The unified loader includes comprehensive error handling and model validation:

In [None]:
def demonstrate_error_handling():
    """Show error handling capabilities"""
    
    print("Error Handling and Validation:")
    print("=" * 40)
    
    error_scenarios = [
        {
            "scenario": "Missing model file",
            "error": "FileNotFoundError",
            "handling": "Graceful fallback to alternative formats"
        },
        {
            "scenario": "Corrupted model file",
            "error": "ModelValidationError",
            "handling": "Checksum verification and error reporting"
        },
        {
            "scenario": "Incompatible model architecture",
            "error": "ArchitectureMismatchError",
            "handling": "Clear error messages with suggestions"
        },
        {
            "scenario": "Insufficient memory",
            "error": "OutOfMemoryError",
            "handling": "Automatic fallback to CPU or smaller model"
        }
    ]
    
    for i, scenario in enumerate(error_scenarios, 1):
        print(f"{i}. {scenario['scenario']}")
        print(f"   Error Type: {scenario['error']}")
        print(f"   Handling: {scenario['handling']}")
        print()
    
    print("✅ Robust error handling ensures reliable operation!")
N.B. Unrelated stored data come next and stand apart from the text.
-- ===== src/EventQueue/Bounded.antt =====
-- The operations that event queues call of `ConcurrentBoundedQueue`
-- (src/fuxi/base/bounded_queue.hpp), over the model of its code for one call at a time
-- (BoundedQueue/Batch), and what they do to the events.
use fuxi_n.Prelude.{
  Bool, true, false, ℕ, suc, ◌+◌, ◌*◌, ◌^◌, ◌≤◌, ◌<◌, ◌≡◌, inl, min, refl, sym, ap, ◌∙◌, u64_mod,
  ◌==◌, if◌then◌else◌, Option, none, some, List, [], ◌∷◌, ◌++◌, length, arith,
}
use mathlib.Core.Path.{subst}
use fuxi_n.BoundedQueue.{push_side, pop_side, slot_index, expected_version}
use fuxi_n.BoundedQueue.Tickets.{epoch, slot-lt}
use fuxi_n.BoundedQueue.Batch.{
  Queue, Popped, capacity, publish, retire, set_next_push, set_next_pop, turns_from,
}
use fuxi_n.BoundedQueue.Batch.Calls.{try_pop_n, reserve_and_clear}
use fuxi_n.BoundedQueue.Batch.Contents.{InRound, InRound-of_slot}
use fuxi_n.BoundedQueue.Batch.Ready.{push-ready, pop-ready}
use fuxi_n.BoundedQueue.Batch.Values.{length-values_of}
use fuxi_n.BoundedQueue.Batch.Appends.{
  IsQuiet, contents, Appends, Appends-contents, Appends-IsQuiet, publish-Appends,
}
use fuxi_n.BoundedQueue.Batch.Removes.{
  used_slots, Removes, Removes-IsQuiet, Removes-contents, retire-Removes,
}
use fuxi_n.BoundedQueue.Batch.Pop.{pops-Removes, try_pop_n-contents}
use fuxi_n.EventQueue.{Operations, Laws}

-- `try_deal` of a push: false where the slot is not at its turn
abbrev pub try_push : Queue ℕ → ℕ → Option (Queue ℕ)
try_push q v =
    let i = q.next_push_index in
    if q.version (slot_index q.slot_bits i) == expected_version q.slot_bits push_side i
    then some (publish (set_next_push q (i + 1)) i (v ∷ []))
    else none

abbrev pub first_of : Popped ℕ → List ℕ → Option (ℕ × Queue ℕ)
first_of p [] = none
first_of p (v ∷ vs) = some (v, p.queue)

abbrev pub try_pop : Queue ℕ → Option (ℕ × Queue ℕ)
try_pop q = let p = try_pop_n q 1 in first_of p p.values

-- `deal` of a pop, which waits for the turn of the slot
abbrev pub pop : Queue ℕ → Option (ℕ × Queue ℕ)
pop q =
    let i = q.next_pop_index in
    if q.version (slot_index q.slot_bits i) == expected_version q.slot_bits pop_side i
    then some (q.value (slot_index q.slot_bits i), retire (set_next_pop q (i + 1)) i 1)
    else none

-- A bounded queue before any call
abbrev pub unused : Queue ℕ
unused = record {
  slot_bits = 0;
  next_push_index = 0;
  next_pop_index = 0;
  version = λ _. 0;
  value = λ _. 0;
}

abbrev pub bounded_ops : (bit_ceil ctzll : ℕ → ℕ) → Operations (Queue ℕ)
bounded_ops bit_ceil ctzll = record {
  reserve_and_clear = reserve_and_clear bit_ceil ctzll 0 unused;
  try_push = try_push;
  try_pop = try_pop;
  pop = pop;
}

-- No other thread is in the queue, and the indexes do not wrap for `n` more calls.
abbrev pub IsReady : ℕ → Queue ℕ → Type 0
IsReady n q = IsQuiet q × (q.next_push_index + n + 3 * 2 ^ q.slot_bits < u64_mod)

abbrev one_if : Bool → ℕ
one_if b = if b then 1 else 0

turn : (b : Bool) → one_if b ≡ 1 → b ≡ true
turn true e = refl
turn false e = absurd (omega (arith, e))

no_turn : (b : Bool) → one_if b ≡ 0 → b ≡ false
no_turn true e = absurd (omega (arith, e))
no_turn false e = refl

module _ (q : Queue ℕ) (wf : IsQuiet q) where
  used : length (contents q) ≡ used_slots q
  used = length-values_of q.slot_bits q.value q.next_pop_index (used_slots q)

  round : (i : ℕ) → InRound q.slot_bits i 1 (slot_index q.slot_bits i) (epoch q.slot_bits i)
  round i = InRound-of_slot q.slot_bits i 1 (omega (arith, slot-lt q.slot_bits i))

  pop_turn : turns_from q pop_side q.next_pop_index 1 ≡ min 1 (used_slots q)
  pop_turn =
      pop-ready wf 1 q.next_pop_index 1 _ _ (omega arith) wf.ordered (round q.next_pop_index)
        (inl (omega arith))

  pub try_push-Appends :
      (v : ℕ)
      → length (contents q) < capacity q
      → q.next_push_index + 1 < u64_mod
      → (next : Queue ℕ) × (try_push q v ≡ some next) × Appends q next (v ∷ [])
  try_push-Appends v lt small =
      let ready : turns_from q push_side q.next_push_index 1 ≡ 1 =
        push-ready wf 1 q.next_push_index 1 _ _ (omega arith) wf.bounded (round q.next_push_index)
          (inl (omega arith))
        ∙ omega (arith, used, lt, wf.ordered) in
      (
        publish (set_next_push q (q.next_push_index + 1)) q.next_push_index (v ∷ []),
        ap
            (λ b.
              if b
              then some
                  (publish (set_next_push q (q.next_push_index + 1)) q.next_push_index (v ∷ []))
              else none)
            (turn _ ready),
        publish-Appends q (v ∷ []) wf (omega (arith, used, lt, wf.ordered))
            (round q.next_push_index) small,
      )

  pub pop-Removes :
      (v : ℕ) (vs : List ℕ)
      → contents q ≡ v ∷ vs
      → q.next_pop_index + 1 < u64_mod
      → (next : Queue ℕ) × (pop q ≡ some (v, next)) × Removes q next 1 × (contents next ≡ vs)
  pop-Removes v vs at small =
      let some_used : 1 ≤ used_slots q = omega (arith, used, ap length at) in
      let next = retire (set_next_pop q (q.next_pop_index + 1)) q.next_pop_index 1 in
      let rem : Removes q next 1 = retire-Removes q 1 wf some_used (round q.next_pop_index) small in
      let same : q.value (slot_index q.slot_bits q.next_pop_index) ∷ contents next ≡ v ∷ vs =
        sym (Removes-contents rem) ∙ at in
      (
        next,
        ap (λ b. if b then some (q.value (slot_index q.slot_bits q.next_pop_index), next) else none)
              (turn _ (pop_turn ∙ omega (arith, some_used)))
            ∙ cc same,
        rem,
        cc same,
      )

  pub pop-empty : contents q ≡ [] → pop q ≡ none
  pop-empty empty =
      ap
        (λ b.
          if b
          then some (
            q.value (slot_index q.slot_bits q.next_pop_index),
            retire (set_next_pop q (q.next_pop_index + 1)) q.next_pop_index 1,
          )
          else none)
        (no_turn _ (pop_turn ∙ omega (arith, used, ap length empty)))

  pub try_pop-Removes :
      (v : ℕ) (vs : List ℕ)
      → contents q ≡ v ∷ vs
      → q.next_pop_index + 1 + 2 * 2 ^ q.slot_bits < u64_mod
      → (next : Queue ℕ) × (try_pop q ≡ some (v, next)) × Removes q next 1 × (contents next ≡ vs)
  try_pop-Removes v vs at small =
      let (count, len, _, all) = try_pop_n-contents q 1 wf small in
      let (e, rest) =
        one_value (try_pop_n q 1).values (contents (try_pop_n q 1).queue)
          (omega (arith, len, count, ap length at)) (sym all ∙ at) in
      (
        (try_pop_n q 1).queue,
        ap (first_of (try_pop_n q 1)) e,
        subst (Removes q (try_pop_n q 1).queue) (omega (arith, used, ap length at))
            (pops-Removes q 1 wf small),
        rest,
      )
    where
      one_value : (xs ys : List ℕ) → length xs ≡ 1 → xs ++ ys ≡ v ∷ vs → (xs ≡ v ∷ []) × (ys ≡ vs)
      one_value [] ys len e = absurd (omega (arith, len))
      one_value (x ∷ []) ys len e = (cc e, cc e)
      one_value (x ∷ y ∷ xs) ys len e = absurd (omega (arith, len))

pub Appends-IsReady :
    (n : ℕ) (q next : Queue ℕ) (v : ℕ)
    → IsReady (suc n) q
    → Appends q next (v ∷ [])
    → IsReady n next
Appends-IsReady n q next v (_, small) app =
    (Appends-IsQuiet app, omega (arith, small, app.new_push, ap (λ b. 2 ^ b) app.same_bits))

pub Removes-IsReady :
    (n : ℕ) (q next : Queue ℕ) → IsReady (suc n) q → Removes q next 1 → IsReady n next
Removes-IsReady n q next (_, small) rem =
    (Removes-IsQuiet rem, omega (arith, small, rem.same_push, ap (λ b. 2 ^ b) rem.same_bits))

-- The operations of the bounded queue keep the laws.
abbrev pub bounded_laws : (bit_ceil ctzll : ℕ → ℕ) → Laws (bounded_ops bit_ceil ctzll)
bounded_laws bit_ceil ctzll = record {
  contents = contents;
  capacity = capacity;
  IsReady = IsReady;
  less = λ n q r. (r.0, omega (arith, r.1));
  pushed = λ n q v r lt.
      let (next, e, app) = try_push-Appends q r.0 v lt (omega (arith, r.1)) in
      (
        next,
        e,
        Appends-contents r.0.ordered app,
        ap (λ b. 2 ^ b) app.same_bits,
        Appends-IsReady n q next v r app,
      );
  try_popped = λ n q v vs r at.
      let (next, e, rem, rest) = try_pop-Removes q r.0 v vs at (omega (arith, r.1, r.0.ordered)) in
      (next, e, rest, ap (λ b. 2 ^ b) rem.same_bits, Removes-IsReady n q next r rem);
  popped = λ n q v vs r at.
      let (next, e, rem, rest) = pop-Removes q r.0 v vs at (omega (arith, r.1, r.0.ordered)) in
      (next, e, rest, ap (λ b. 2 ^ b) rem.same_bits, Removes-IsReady n q next r rem);
  empty = λ n q r none_left. pop-empty q r.0 none_left;
}
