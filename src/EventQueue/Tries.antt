-- ===== src/EventQueue/Tries.antt =====
-- Histories of `TryPush` and `TryPop` of a `FlatSignalQueue`.
use fuxi_n.Prelude.{
  Bool, true, false, ℕ, suc, ◌+◌, ◌-◌, ◌%◌, ◌^◌, ◌≤◌, ◌<◌, ◌≡◌, ◌⊎◌, inl, inr, refl, ap, ◌∙◌,
  u32_mod, u64_mod, ltb, lt→ltb, ge→ltb, le→leb, gt→leb, if◌then◌else◌, Option, none, some, List,
  [], ◌∷◌, ◌++◌, length, length-append, arith,
}
use mathlib.Core.Path.{subst}
use native.Mathlib.Decide.{dec_lt}
use fuxi_n.EventQueue.{
  Operations, Laws, FlatSignalQueue, or_else, push_until, pop_until, try_push_event, try_pop_event,
  added, taken, size_of_int, is_less_than_one,
}

is_less_than_one-pos : (word : ℕ) → 0 < word → word < 2 ^ 31 → is_less_than_one word ≡ false
is_less_than_one-pos word pos lt = ground arith

module _ {Q : Type 0} (ops : Operations Q) (laws : Laws ops) where
  -- The events, of which `available_size_` counts no fewer than there are
  pub record IsCounted (n num c : ℕ) (s : FlatSignalQueue Q) : Type 0 where
    pub bounded : s.queue_capacity ≡ num
    pub counted : s.available_size ≡ c
    pub held : length (laws.contents s.ev_queue) ≤ c
    pub enough : c ≤ num
    pub slots : num ≤ laws.capacity s.ev_queue
    pub few : num < 2 ^ 31
    pub ready : laws.IsReady n s.ev_queue

  pub IsCounted-less :
      {n num c : ℕ} {s : FlatSignalQueue Q} → IsCounted (suc n) num c s → IsCounted n num c s
  IsCounted-less {n} {num} {c} {s} is = record {
    bounded = is.bounded;
    counted = is.counted;
    held = is.held;
    enough = is.enough;
    slots = is.slots;
    few = is.few;
    ready = laws.less n s.ev_queue is.ready;
  }

  module _ {n num c : ℕ} {s : FlatSignalQueue Q} (is : IsCounted (suc n) num c s) where
    size_of_available : size_of_int s.available_size ≡ c
    size_of_available =
        ap size_of_int is.counted
        ∙ ap (λ b. if b then c else c + (u64_mod - u32_mod))
            (lt→ltb c (2 ^ 31) (omega (arith, is.enough, is.few)))

    pub try_push-full : (fuel v : ℕ) → c ≡ num → try_push_event ops fuel s v ≡ some (false, s)
    try_push-full fuel v full =
        ap (λ b. if b then some (false, again) else added ops s (push_until ops fuel s.ev_queue v))
          (le→leb s.queue_capacity (size_of_int s.available_size)
            (omega (arith, size_of_available, is.bounded, full)))
        ∙ ap (λ t. some (false, record s { available_size = t }))
            {x = ((s.available_size + 1) % u32_mod + (u32_mod - 1)) % u32_mod}
            {y = s.available_size} (omega (arith, is.counted, is.enough, is.few))
      where
        again : FlatSignalQueue Q
        again = record s {
          available_size = ((s.available_size + 1) % u32_mod + (u32_mod - 1)) % u32_mod;
        }

    pub try_push-room :
        (fuel v : ℕ)
        → c < num
        → (s' : FlatSignalQueue Q) × (try_push_event ops (suc fuel) s v ≡ some (true, s'))
          × IsCounted n num (c + 1) s'
          × (laws.contents s'.ev_queue ≡ laws.contents s.ev_queue ++ (v ∷ []))
    try_push-room fuel v lt =
        let (q, pushed, queued, kept, later) =
          laws.pushed n s.ev_queue v is.ready (omega (arith, is.held, is.slots, lt)) in
        (
          record s { available_size = (s.available_size + 1) % u32_mod; ev_queue = q },
          ap
                (λ b.
                  if b
                  then some (false, again)
                  else added ops s (push_until ops (suc fuel) s.ev_queue v))
                (gt→leb s.queue_capacity (size_of_int s.available_size)
                  (omega (arith, size_of_available, is.bounded, lt)))
              ∙ ap (λ o. added ops s (or_else o (push_until ops fuel s.ev_queue v))) pushed,
          record {
            bounded = is.bounded;
            counted = omega (arith, is.counted, is.few, lt);
            held = omega (
              arith,
              ap length queued,
              length-append (laws.contents s.ev_queue) (v ∷ []),
              is.held,
            );
            enough = omega (arith, lt);
            slots = omega (arith, kept, is.slots);
            few = is.few;
            ready = later;
          },
          queued,
        )
      where
        again : FlatSignalQueue Q
        again = record s {
          available_size = ((s.available_size + 1) % u32_mod + (u32_mod - 1)) % u32_mod;
        }

    try_pop-empty : (fuel : ℕ) → c ≡ 0 → try_pop_event ops fuel s ≡ some (none, s)
    try_pop-empty fuel none_left =
        ap (λ b. if b then some (none, again) else taken ops s (pop_until ops fuel s.ev_queue))
          (ap is_less_than_one {x = s.available_size} {y = 0}
            (omega (arith, is.counted, none_left)))
        ∙ ap (λ t. some (none, record s { available_size = t }))
            {x = ((s.available_size + (u32_mod - 1)) % u32_mod + 1) % u32_mod}
            {y = s.available_size} (omega (arith, is.counted, is.enough, is.few))
      where
        again : FlatSignalQueue Q
        again = record s {
          available_size = ((s.available_size + (u32_mod - 1)) % u32_mod + 1) % u32_mod;
        }

    try_pop-first :
        (fuel v : ℕ) (vs : List ℕ)
        → c ≡ suc (length vs)
        → laws.contents s.ev_queue ≡ v ∷ vs
        → (s' : FlatSignalQueue Q) × (try_pop_event ops (suc fuel) s ≡ some (some v, s'))
          × IsCounted n num (length vs) s'
          × (laws.contents s'.ev_queue ≡ vs)
    try_pop-first fuel v vs count at =
        let (q, popped, rest, kept, later) = laws.try_popped n s.ev_queue v vs is.ready at in
        (
          record s { available_size = (s.available_size + (u32_mod - 1)) % u32_mod; ev_queue = q },
          ap
                (λ b.
                  if b
                  then some (none, again)
                  else taken ops s (pop_until ops (suc fuel) s.ev_queue))
                (is_less_than_one-pos s.available_size (omega (arith, is.counted, count))
                  (omega (arith, is.counted, is.enough, is.few)))
              ∙ ap (λ o. taken ops s (or_else o (pop_until ops fuel s.ev_queue))) popped,
          record {
            bounded = is.bounded;
            counted = omega (arith, is.counted, count, is.enough, is.few);
            held = omega (arith, ap length rest);
            enough = omega (arith, count, is.enough);
            slots = omega (arith, kept, is.slots);
            few = is.few;
            ready = later;
          },
          rest,
        )
      where
        again : FlatSignalQueue Q
        again = record s {
          available_size = ((s.available_size + (u32_mod - 1)) % u32_mod + 1) % u32_mod;
        }

pub List-cases : (xs : List ℕ) → (xs ≡ []) ⊎ ((v : ℕ) × (vs : List ℕ) × (xs ≡ v ∷ vs))
List-cases [] = inl refl
List-cases (v ∷ vs) = inr (v, vs, refl)

-- A call of `TryPush` or of `TryPop`
pub data Call : Type 0 where
  pushes : ℕ → Call
  pops : Call

-- What a call answers
pub data Answer : Type 0 where
  pushed : Bool → Answer
  popped : Option ℕ → Answer

module _ {Q : Type 0} (ops : Operations Q) where
  abbrev pub answered :
      {A : Type 0}
      → (A → Answer)
      → Option (A × FlatSignalQueue Q)
      → Option (Answer × FlatSignalQueue Q)
  answered f none = none
  answered f (some (a, s)) = some (f a, s)

  abbrev pub call : ℕ → FlatSignalQueue Q → Call → Option (Answer × FlatSignalQueue Q)
  call fuel s (pushes v) = answered (λ b. pushed b) (try_push_event ops fuel s v)
  call fuel s pops = answered (λ o. popped o) (try_pop_event ops fuel s)

-- A queue of at most `num` values, first in, first out
abbrev pub ideal : ℕ → List ℕ → Call → Answer × List ℕ
ideal num vs (pushes v) =
    if ltb (length vs) num then (pushed true, vs ++ (v ∷ [])) else (pushed false, vs)
ideal num [] pops = (popped none, [])
ideal num (v ∷ vs) pops = (popped (some v), vs)

module _ {Q : Type 0} (ops : Operations Q) (laws : Laws ops) where
  -- `TryPush` and `TryPop` act as those of a queue of at most `num` values.
  pub call-ideal :
      (fuel n num : ℕ) (s : FlatSignalQueue Q) (c : Call)
      → IsCounted ops laws (suc n) num (length (laws.contents s.ev_queue)) s
      → (s' : FlatSignalQueue Q) × (call ops (suc fuel) s c
          ≡ some ((ideal num (laws.contents s.ev_queue) c).0, s'))
        × IsCounted ops laws n num (length (laws.contents s'.ev_queue)) s'
        × (laws.contents s'.ev_queue ≡ (ideal num (laws.contents s.ev_queue) c).1)
  call-ideal fuel n num s (pushes v) is = elim (dec_lt (length (laws.contents s.ev_queue)) num) [
    | yes lt ↦
        let (s', done, next, queued) = try_push-room ops laws is fuel v lt in
        rw (lt→ltb (length (laws.contents s.ev_queue)) num lt) (
          s',
          ap (answered ops (λ b. pushed b)) done,
          subst (λ t. IsCounted ops laws n num t s') {x = length (laws.contents s.ev_queue) + 1}
              {y = length (laws.contents s'.ev_queue)}
              (omega (arith, ap length queued, length-append (laws.contents s.ev_queue) (v ∷ [])))
              next,
          queued,
        )
    | no ge ↦ rw (ge→ltb (length (laws.contents s.ev_queue)) num (omega (arith, ge))) (
      s,
      ap (answered ops (λ b. pushed b))
          (try_push-full ops laws is (suc fuel) v (omega (arith, ge, is.enough))),
      IsCounted-less ops laws is,
      refl,
    )
  ]
  call-ideal fuel n num s pops is = elim (List-cases (laws.contents s.ev_queue)) [
    | inl none_left ↦ rw none_left (
      s,
      ap (answered ops (λ o. popped o))
          (try_pop-empty ops laws is (suc fuel) (ap length none_left)),
      IsCounted-less ops laws is,
      none_left,
    )
    | inr (v, vs, at) ↦
        let (s', done, next, rest) = try_pop-first ops laws is fuel v vs (ap length at) at in
        rw at (
          s',
          ap (answered ops (λ o. popped o)) done,
          subst (λ t. IsCounted ops laws n num t s') {x = length vs}
              {y = length (laws.contents s'.ev_queue)} (omega (arith, ap length rest)) next,
          rest,
        )
  ]
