-- ===== src/EventQueue/Pushes.antt =====
-- Histories of `Push` and `Pop` of a `ProcessState`.
use fuxi_n.Prelude.{
  Bool, true, false, ℕ, suc, ◌+◌, ◌%◌, ◌≤◌, ◌≡◌, inl, inr, refl, sym, ap, ◌∙◌, u32_mod,
  if◌then◌else◌, tally, ==_refl, ==_ne, update, update_self, update-ne, Array, Option, none, some,
  List, [], ◌∷◌, length, arith,
}
use mathlib.Core.Path.{subst}
use native.Mathlib.Decide.{dec_lt, ℕ_discrete}
use fuxi_n.EventQueue.{
  Operations, Laws, Process, push_object, pop_object, queued, unqueued, removed,
}
use fuxi_n.EventQueue.Tries.{IsCounted, IsCounted-less, try_push-full, try_push-room, List-cases}

-- A call of `Push` or of `Pop`
pub data Call : Type 0 where
  pushes : (object : ℕ) → Call
  pops : Call

-- A process, and how many events were queued so far
pub record History (Q : Type 0) : Type 0 where
  pub process : Process Q
  pub accepted : ℕ

module _ {Q : Type 0} (ops : Operations Q) where
  abbrev pub accept : ℕ → Option (Bool × Process Q) → Option (History Q)
  accept before none = none
  accept before (some (true, p)) = some (record { process = p; accepted = before + 1 })
  accept before (some (false, p)) = some (record { process = p; accepted = before })

  -- A `Pop` of an empty queue waits, which leaves the process as it is.
  abbrev pub leave : History Q → Option (ℕ × Process Q) → History Q
  leave h none = h
  leave h (some (object, p)) = record h { process = p }

  abbrev pub step : ℕ → History Q → Call → Option (History Q)
  step fuel h (pushes object) = accept h.accepted (push_object ops fuel h.process object)
  step fuel h pops = some (leave h (pop_object ops h.process))

  abbrev pub continued : Option (History Q) → (History Q → Option (History Q)) → Option (History Q)
  continued none rest = none
  continued (some h) rest = rest h

  abbrev pub run : ℕ → History Q → List Call → Option (History Q)
  run fuel h [] = some h
  run fuel h (c ∷ cs) = continued (step fuel h c) (λ h'. run fuel h' cs)

-- How often an object was pushed
abbrev pub pushes_of : ℕ → List Call → ℕ
pushes_of object [] = 0
pushes_of object (pushes other ∷ cs) = tally object other + pushes_of object cs
pushes_of object (pops ∷ cs) = pushes_of object cs

pushes_of-cons :
    (object : ℕ) (c : Call) (cs : List Call)
    → pushes_of object (c ∷ cs) ≡ pushes_of object (c ∷ []) + pushes_of object cs
pushes_of-cons object (pushes other) cs = omega arith
pushes_of-cons object pops cs = omega arith

-- The count of an object after a push of another, or of its own
count-update :
    (cnt : Array ℕ) (other object : ℕ)
    → update cnt other ((cnt other + 1) % u32_mod) object % u32_mod
      ≡ (cnt object + (tally object other + 0)) % u32_mod
count-update cnt other object = elim (ℕ_discrete object other) [
  | yes e ↦
      subst
        (λ t.
          update cnt other ((cnt other + 1) % u32_mod) t % u32_mod
          ≡ (cnt t + (tally t other + 0)) % u32_mod)
        (sym e)
        (omega (
          arith,
          update_self cnt other ((cnt other + 1) % u32_mod),
          ap {B = ℕ} (λ b. if b then 1 else 0) (==_refl other),
        ))
  | no ne ↦ omega (
    arith,
    update-ne cnt other ((cnt other + 1) % u32_mod) object ne,
    ap {B = ℕ} (λ b. if b then 1 else 0) (==_ne other object (λ e. ne (sym e))),
  )
]

module _ {Q : Type 0} (ops : Operations Q) (laws : Laws ops) where
  -- After a `Pop` that gave `o`
  abbrev after : History Q → Option (ℕ × Q) → History Q
  after h o =
      leave ops h (unqueued ops h.process (removed ops h.process.state.reader_event_queue o))

  abbrev IsPopped : ℕ → ℕ → History Q → Option (ℕ × Q) → Type 0
  IsPopped n num h o =
      IsCounted ops laws n num (after h o).accepted (after h o).process.state.reader_event_queue
      × ((after h o).process.reference_cnt ≡ h.process.reference_cnt)

  pop-IsPopped :
      (n num : ℕ) (h : History Q)
      → IsCounted ops laws (suc n) num h.accepted h.process.state.reader_event_queue
      → IsPopped n num h (ops.pop h.process.state.reader_event_queue.ev_queue)
  pop-IsPopped n num h is =
      let q = h.process.state.reader_event_queue.ev_queue in
      elim (List-cases (laws.contents q)) [
        | inl none_left ↦
            subst (IsPopped n num h) (sym (laws.empty (suc n) q is.ready none_left))
              (IsCounted-less ops laws is, refl)
        | inr (v, vs, at) ↦
            let (q', popped, rest, kept, later) = laws.popped n q v vs is.ready at in
            subst (IsPopped n num h) (sym popped) (
              record {
                bounded = is.bounded;
                counted = is.counted;
                held = omega (arith, is.held, ap length at, ap length rest);
                enough = is.enough;
                slots = omega (arith, is.slots, kept);
                few = is.few;
                ready = later;
              },
              refl,
            )
      ]

  step-IsCounted :
      (fuel n num object : ℕ) (h : History Q) (c : Call)
      → IsCounted ops laws (suc n) num h.accepted h.process.state.reader_event_queue
      → (h' : History Q) × (step ops (suc fuel) h c ≡ some h')
        × IsCounted ops laws n num h'.accepted h'.process.state.reader_event_queue
        × (h'.process.reference_cnt object % u32_mod
            ≡ (h.process.reference_cnt object + pushes_of object (c ∷ [])) % u32_mod)
  step-IsCounted fuel n num object h (pushes other) is = elim (dec_lt h.accepted num) [
    | yes lt ↦
        let (q, done, next, _) = try_push-room ops laws is fuel other lt in
        (
          _,
          ap (λ o. accept ops h.accepted (queued ops h.process other o)) done,
          next,
          count-update h.process.reference_cnt other object,
        )
    | no ge ↦
        let full = try_push-full ops laws is (suc fuel) other (omega (arith, ge, is.enough)) in
        (
          _,
          ap (λ o. accept ops h.accepted (queued ops h.process other o)) full,
          IsCounted-less ops laws is,
          count-update h.process.reference_cnt other object,
        )
  ]
  step-IsCounted fuel n num object h pops is =
      let (next, same) = pop-IsPopped n num h is in
      (_, refl, next, omega (arith, ap (λ f. f object) same))

  -- Over any history of `Push` and `Pop` at most `num` events are queued in all.
  pub run-bounded :
      (fuel num object : ℕ) (h : History Q) (cs : List Call)
      → IsCounted ops laws (length cs) num h.accepted h.process.state.reader_event_queue
      → (h' : History Q) × (run ops (suc fuel) h cs ≡ some h')
        × (h'.accepted ≤ num)
        × (h'.process.reference_cnt object % u32_mod
            ≡ (h.process.reference_cnt object + pushes_of object cs) % u32_mod)
  run-bounded fuel num object h [] is = (h, refl, is.enough, omega arith)
  run-bounded fuel num object h (c ∷ cs) is =
      let (h1, first, next, count) = step-IsCounted fuel (length cs) num object h c is in
      let (h2, rest, most, counts) = run-bounded fuel num object h1 cs next in
      (
        h2,
        ap (λ o. continued ops o (λ h'. run ops (suc fuel) h' cs)) first ∙ rest,
        most,
        omega (arith, count, counts, pushes_of-cons object c cs),
      )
demonstrate_error_handling()

## Summary

The unified model loading system in evlib provides:

✅ **Multi-format support**: PyTorch, ONNX, and SafeTensors  
✅ **Automatic detection**: Smart format identification  
✅ **Priority-based loading**: Optimised format selection  
✅ **Performance optimisation**: Hardware-aware deployment  
✅ **Robust error handling**: Graceful fallback mechanisms  
✅ **Flexible configuration**: Customisable model settings  

This unified approach simplifies model deployment while maximising performance across different hardware configurations and use cases.